Mme Caroline Marti (S). Mesdames et Messieurs les députés, ce plan financier quadriennal matérialise une charge massive du Conseil d'Etat à l'encontre de la fonction publique: révision de la répartition des cotisations au sein des caisses de pension - ce qui équivaut de fait à une baisse salariale de 2% - coupe de 1% dans les rétributions, gel des annuités une année sur deux, non-indexation des revenus... Le constat est sans appel, c'est faire payer la crise et les coûts de cette crise aux fonctionnaires. Or si la situation que nous avons vécue ces derniers mois a illustré une chose en particulier, c'est bien l'importance de nos services publics, du travail de celles et ceux qui, tous les jours, oeuvrent pour maintenir les prestations à la population.
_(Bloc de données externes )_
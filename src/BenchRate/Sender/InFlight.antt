-- ===== src/BenchRate/Sender/InFlight.antt =====
-- The requests that a connection may have unanswered.
use go_http_benchmark.Prelude.{subst, ◌≡◌, false, ℕ, ◌+◌, ◌*◌, ◌≤◌, ◌<◌, arith}
use go_http_benchmark.BenchRate.Sender.{
  is_full, sent_on, Conn, Phase, idle, writing, State, Step, skip, test, wrote, not_written,
  answered, Reachable, start, step,
}

-- Less than four batches unanswered where the sender is about to write, and less than five else.
abbrev Bounded : ℕ → Conn → Phase → Type 0
Bounded batch c idle = c.send_cnt < c.recv_cnt + 5 * batch
Bounded batch c writing = c.send_cnt < c.recv_cnt + 4 * batch

Step-Bounded :
    (batch : ℕ) {s t : State}
    → 1 ≤ batch
    → Step batch s t
    → Bounded batch s.conn s.phase
    → Bounded batch t.conn t.phase
Step-Bounded batch b (skip c e) h = h
Step-Bounded batch b (test c e) h = ground (arith, e)
Step-Bounded batch b (wrote c) h = omega (arith, h)
Step-Bounded batch b (not_written c) h = omega (arith, h)
Step-Bounded batch b (answered c idle) h = omega (arith, h)
Step-Bounded batch b (answered c writing) h = omega (arith, h)

Reachable-Bounded :
    (batch : ℕ) {s : State} → 1 ≤ batch → Reachable batch s → Bounded batch s.conn s.phase
Reachable-Bounded batch b start = omega arith
Reachable-Bounded batch b (step r x) = Step-Bounded batch b x (Reachable-Bounded batch b r)

-- However the sender and the reader of a connection interleave, and whichever writes fail, the
-- connection never has five batches of requests or more unanswered.
pub in_flight :
    (batch : ℕ) (s : State)
    → 1 ≤ batch
    → Reachable batch s
    → s.conn.send_cnt < s.conn.recv_cnt + 5 * batch
in_flight batch s b r = go s.conn s.phase (Reachable-Bounded batch b r)
  where
    go : (c : Conn) (p : Phase) → Bounded batch c p → c.send_cnt < c.recv_cnt + 5 * batch
    go c idle h = h
    go c writing h = omega (arith, h)

write_step :
    (batch : ℕ) (c : Conn)
    → is_full batch c ≡ false
    → Reachable batch (record { conn = c; phase = idle })
    → Reachable batch (record { conn = sent_on batch c; phase = idle })
write_step batch c h r = step (step r (test c h)) (wrote c)

-- Five batches less one request are reached: the sender writes four batches, one response comes,
-- and the sender writes the next batch.
pub in_flight_reached :
    (batch : ℕ)
    → 1 ≤ batch
    → (s : State) × Reachable batch s × (s.conn.send_cnt + 1 ≡ s.conn.recv_cnt + 5 * batch)
in_flight_reached batch b =
    let c : Conn = record { send_cnt = batch + batch + batch + batch; recv_cnt = 1 } in
    let e : 0 + batch ≡ batch = omega arith in
    let one =
      subst
        (λ n.
          Reachable batch (record { conn = record { send_cnt = n; recv_cnt = 0 }; phase = idle }))
        e (write_step batch (record { send_cnt = 0; recv_cnt = 0 }) (ground arith) start) in
    (
      record { conn = sent_on batch c; phase = idle },
      write_step batch c (ground arith) (
          step
            (write_step batch (record { send_cnt = batch + batch + batch; recv_cnt = 0 })
              (ground arith)
              (write_step batch (record { send_cnt = batch + batch; recv_cnt = 0 }) (ground arith)
                (write_step batch (record { send_cnt = batch; recv_cnt = 0 }) (ground arith) one)))
            (answered (record { send_cnt = batch + batch + batch + batch; recv_cnt = 0 }) idle)),
      omega arith,
    )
Regardez les chiffres: en 2024, plus de 300 millions d'économies auront été réalisées sur le dos de la fonction publique genevoise !

Ainsi que M. Burgermeister l'a rappelé, cette planification ne tient absolument pas compte du contexte que nous traversons et de ses conséquences, qu'elles soient d'ordre social ou économique. C'est comme s'il n'y avait rien eu d'anormal cette année, et j'en veux pour preuve la croissance des charges prévue dans ce plan financier quadriennal qui est littéralement la plus basse que nous ayons connue ces dernières années. Or on assiste aujourd'hui à une hausse substantielle des besoins, à une précarisation galopante de la population, et se contenter de maintenir les prestations comme se targue de le faire le Conseil d'Etat ne suffira pas, c'est bien un développement de celles-ci que nous devons viser pour endiguer les problèmes majeurs qui s'annoncent.
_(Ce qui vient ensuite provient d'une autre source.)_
-- ===== src/BenchRate/Sender/Rounds.antt =====
-- The counters of a round.
use go_http_benchmark.Prelude.{
  ℕ, suc, ◌+◌, ◌*◌, ◌≡◌, refl, Bool, true, false, List, [], ◌∷◌, arith, Bool-cases, inl, inr,
  length,
}
use go_http_benchmark.BenchRate.Sender.{Conn, Sent, do_once, is_full, sent_on, add_sent, in_front}

abbrev pub total_sent : List Conn → ℕ
total_sent [] = 0
total_sent (c ∷ cs) = c.send_cnt + total_sent cs

abbrev pub total_received : List Conn → ℕ
total_received [] = 0
total_received (c ∷ cs) = c.recv_cnt + total_received cs

module _ (batch payload : ℕ) (works : ℕ → Bool) where
  skipped :
      (i : ℕ) (c : Conn) (cs : List Conn) (s : Sent) (n : ℕ)
      → is_full batch c ≡ true
      → do_once batch payload works i (c ∷ cs) s n
        ≡ in_front c (do_once batch payload works (suc i) cs s n)
  unfolding do_once
  skipped i c cs s n h = rw (h, do_once) refl

  failed :
      (i : ℕ) (c : Conn) (cs : List Conn) (s : Sent) (n : ℕ)
      → is_full batch c ≡ false
      → works i ≡ false
      → do_once batch payload works i (c ∷ cs) s n
        ≡ in_front c (do_once batch payload works (suc i) cs s n)
  unfolding do_once
  failed i c cs s n h k = rw (h, k, do_once) refl

  written :
      (i : ℕ) (c : Conn) (cs : List Conn) (s : Sent) (n : ℕ)
      → is_full batch c ≡ false
      → works i ≡ true
      → do_once batch payload works i (c ∷ cs) s n
        ≡ in_front
            (sent_on batch c)
            (do_once batch payload works (suc i) cs (add_sent batch payload s) (suc n))
  unfolding do_once
  written i c cs s n h k = rw (h, k, do_once) refl

  -- A round counts a batch for each write that it makes: the requests sent, the bytes of their
  -- bodies and the connections' own counts go up together. It counts no response, and takes no
  -- connection out.
  pub do_once_lem :
      (i : ℕ) (cs : List Conn) (s : Sent) (n : ℕ)
      → let r = do_once batch payload works i cs s n in
        (r.sent.send_times + batch * n ≡ s.send_times + batch * r.writes)
        × (r.sent.send_bytes + payload * s.send_times ≡ s.send_bytes + payload * r.sent.send_times)
        × (total_sent r.conns + s.send_times ≡ total_sent cs + r.sent.send_times)
        × (total_received r.conns ≡ total_received cs)
        × (length r.conns ≡ length cs)
  do_once_lem i [] s n = unfold do_once in (refl, refl, omega arith, refl, refl)
  do_once_lem i (c ∷ cs) s n = elim (Bool-cases (is_full batch c)) [
    | inl e ↦ rw (skipped i c cs s n e) (omega (arith, do_once_lem (suc i) cs s n))
    | inr e ↦ elim (Bool-cases (works i)) [
      | inl k ↦
          rw (written i c cs s n e k)
            (omega (arith, do_once_lem (suc i) cs (add_sent batch payload s) (suc n)))
      | inr k ↦ rw (failed i c cs s n e k) (omega (arith, do_once_lem (suc i) cs s n))
    ]
  ]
Concernant le personnel, le PFQ qui nous est présenté prévoit des augmentations de postes inférieures à celles des plans précédents. Or, encore une fois, la crise que nous subissons va faire augmenter considérablement les besoins d'assistance sociale, de subsides, d'aides au logement, de bourses et prêts d'études, d'indemnités de chômage, d'accompagnement des élèves en situation de décrochage scolaire. Les services qui, avant la crise déjà, se trouvaient en situation de sous-effectif chronique ne seront tout simplement plus en mesure de délivrer les prestations.

J'aimerais encore revenir sur un élément qu'a évoqué M. Zweifel, à savoir que les travailleurs du secteur privé souffrent et que, par conséquent, la fonction publique doit faire des efforts. Mais en quoi, Mesdames et Messieurs les députés, diminuer les salaires des fonctionnaires va aider d'une quelconque manière les employés du secteur privé ? C'est un mythe, cela n'existe pas !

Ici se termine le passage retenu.